▸ Provided material
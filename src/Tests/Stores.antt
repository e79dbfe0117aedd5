-- ===== src/Tests/Stores.antt =====
-- The theorems on the repositories in Redis, at sets and hashes that are lists and a codec that prints
-- an entry as numbers.
use mocko.Base.{
  nat_eq, ℕ, zero, suc, ◌≡◌, refl, inl, ◌↔◌, Text, txt, Option, none, some, List, [], ◌∷◌, ◌++◌,
  length, insert_sorted, arith, Elem, text_eq,
}
use native.Mathlib.Decide.{ℕ_discrete}
use mocko.Base.Dict
use mocko.Redis.Reference
use mocko.Redis.Reference.{list_set, dict_hash}
use mocko.Callbacks.Pending.{PendingCallback}
use mocko.Callbacks.MemoryRepository
use mocko.Callbacks.MemoryRepository.{Repository, is_held}
use mocko.Callbacks.MemoryRepository.Lifecycle.{Call, add, hold_at, run, step}
use mocko.Callbacks.RedisRepository.{
  Backend, State, find_pending, schedule, hold, hold_script, find_member, claim, clear,
}
use mocko.Callbacks.RedisRepository.Stored.{IsValid, Waits}
use mocko.Callbacks.RedisRepository.Races.{AtMostOnce, claim-AtMostOnce}
use mocko.Callbacks.RedisRepository.Arrivals.{clear-Stored}
use mocko.Callbacks.RedisRepository.Simulation.{Refines, redis_step}
use mocko.Callbacks.RedisRepository.Refinement.{
  IsFreshRun, redis_run, redis_run-Refines, redis_run_lem,
}

abbrev cut : ℕ → Text → Text × Text
cut zero cs = ([], cs)
cut (suc n) [] = ([], [])
cut (suc n) (c ∷ cs) = let (xs, ys) = cut n cs in (c ∷ xs, ys)

cut-append : (xs ys : Text) → cut (length xs) (xs ++ ys) ≡ (xs, ys)
cut-append [] ys = refl
cut-append (x ∷ xs) ys = rw (cut-append xs ys) refl

abbrev print_time : Option ℕ → ℕ
print_time none = 0
print_time (some t) = suc t

abbrev read_time : ℕ → Option ℕ
read_time zero = none
read_time (suc t) = some t

read-print_time : (o : Option ℕ) → read_time (print_time o) ≡ o
read-print_time none = refl
read-print_time (some t) = refl

abbrev print_mock : Option Text → Text
print_mock none = []
print_mock (some t) = 1 ∷ t

abbrev read_mock : Text → Option Text
read_mock [] = none
read_mock (_ ∷ t) = some t

read-print_mock : (o : Option Text) → read_mock (print_mock o) ≡ o
read-print_mock none = refl
read-print_mock (some t) = refl

abbrev print_entry : PendingCallback ℕ → Text
print_entry p =
    p.due_at
    ∷ p.created_at
    ∷ p.payload
    ∷ print_time p.held_at
    ∷ length p.id
    ∷ length p.slug
    ∷ (p.id ++ (p.slug ++ print_mock p.triggered_by_mock_id))

abbrev read_entry : Text → PendingCallback ℕ
read_entry (due ∷ created ∷ payload ∷ held ∷ n ∷ m ∷ cs) =
    let (id, rest) = cut n cs in
    let (slug, mock) = cut m rest in
    record {
      id = id;
      slug = slug;
      payload = payload;
      due_at = due;
      created_at = created;
      triggered_by_mock_id = read_mock mock;
      held_at = read_time held;
    }
read_entry _ = record {
  id = [];
  slug = [];
  payload = 0;
  due_at = 0;
  created_at = 0;
  triggered_by_mock_id = none;
  held_at = none;
}

read-print_entry : (p : PendingCallback ℕ) → read_entry (print_entry p) ≡ p
read-print_entry p =
    rw
      (
        cut-append p.id (p.slug ++ print_mock p.triggered_by_mock_id),
        cut-append p.slug (print_mock p.triggered_by_mock_id),
        read-print_mock p.triggered_by_mock_id,
        read-print_time p.held_at,
      )
      refl

abbrev redis : Backend ℕ
redis = record {
  zset = list_set;
  hash = dict_hash;
  stringify = print_entry;
  parse = read_entry;
  parse-stringify = read-print_entry;
}

abbrev entry : Text → ℕ → PendingCallback ℕ
entry id due = record {
  id = id;
  slug = txt "paid";
  payload = 3;
  due_at = due;
  created_at = 1;
  triggered_by_mock_id = none;
  held_at = none;
}

abbrev cleared : State redis
cleared = record { pending = redis.zset.empty; held = redis.hash.empty }

-- Two entries are scheduled and one of them is held.
abbrev stocking : List (Call ℕ)
stocking = add (entry (txt "a") 5) ∷ add (entry (txt "b") 8) ∷ hold_at (txt "b") 4 ∷ []

stocking-IsFreshRun : IsFreshRun redis stocking []
unfolding step MemoryRepository.schedule MemoryRepository.hold Dict.get Dict.set text_eq ℕ_discrete
stocking-IsFreshRun = ((refl, refl), ((refl, refl), (tt, tt)))

cleared-Refines : Refines redis [] cleared
unfolding clear Dict.get list_set dict_hash
cleared-Refines = record {
  memory = record { nodup = tt; keyed = tt };
  redis = (clear-Stored redis cleared).0;
  same = λ k p. (λ st. absurd ((clear-Stored redis cleared).1 k p st), λ e. absurd (ground arith));
}

abbrev stocked : State redis
stocked = (redis_run redis stocking cleared).1

stocked-IsValid : IsValid redis stocked
stocked-IsValid =
    (redis_run-Refines redis stocking [] cleared cleared-Refines stocking-IsFreshRun).1.redis

stocked_first : Waits redis (entry (txt "a") 5) stocked
unfolding redis_run redis_step schedule hold hold_script find_member nat_eq Reference.add
    Reference.rem insert_sorted list_set dict_hash Dict.get Dict.set text_eq ℕ_discrete
stocked_first = inl refl

read_earlier-IsValid : IsValid redis (redis_run redis (add (entry (txt "b") 8) ∷ []) cleared).1
unfolding Dict.get
read_earlier-IsValid =
    (redis_run-Refines redis (add (entry (txt "b") 8) ∷ []) [] cleared cleared-Refines
      ((refl, refl), tt)).1.redis

redis_run_lem_example :
    ((p : PendingCallback ℕ)
      → Elem p (redis_run redis stocking cleared).0 ↔ Elem p (run stocking []).0)
    × ((k : Text) → find_pending redis k stocked ≡ MemoryRepository.find k (run stocking []).1)
redis_run_lem_example = redis_run_lem redis stocking [] cleared cleared-Refines stocking-IsFreshRun

-- Another process held the entry since this one read the set.
claim-AtMostOnce_example :
    AtMostOnce redis
      (txt "b")
      stocked
      (claim redis (txt "b") (redis_run redis (add (entry (txt "b") 8) ∷ []) cleared).1 stocked)
claim-AtMostOnce_example =
    claim-AtMostOnce redis (txt "b") (redis_run redis (add (entry (txt "b") 8) ∷ []) cleared).1
      stocked read_earlier-IsValid stocked-IsValid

▸ Action item
Search the material for the string "Tests" and show every line that has it.

▸ Answer below
filename src/Tests/Stores.antt
-- ===== src/Tests/Stores.antt =====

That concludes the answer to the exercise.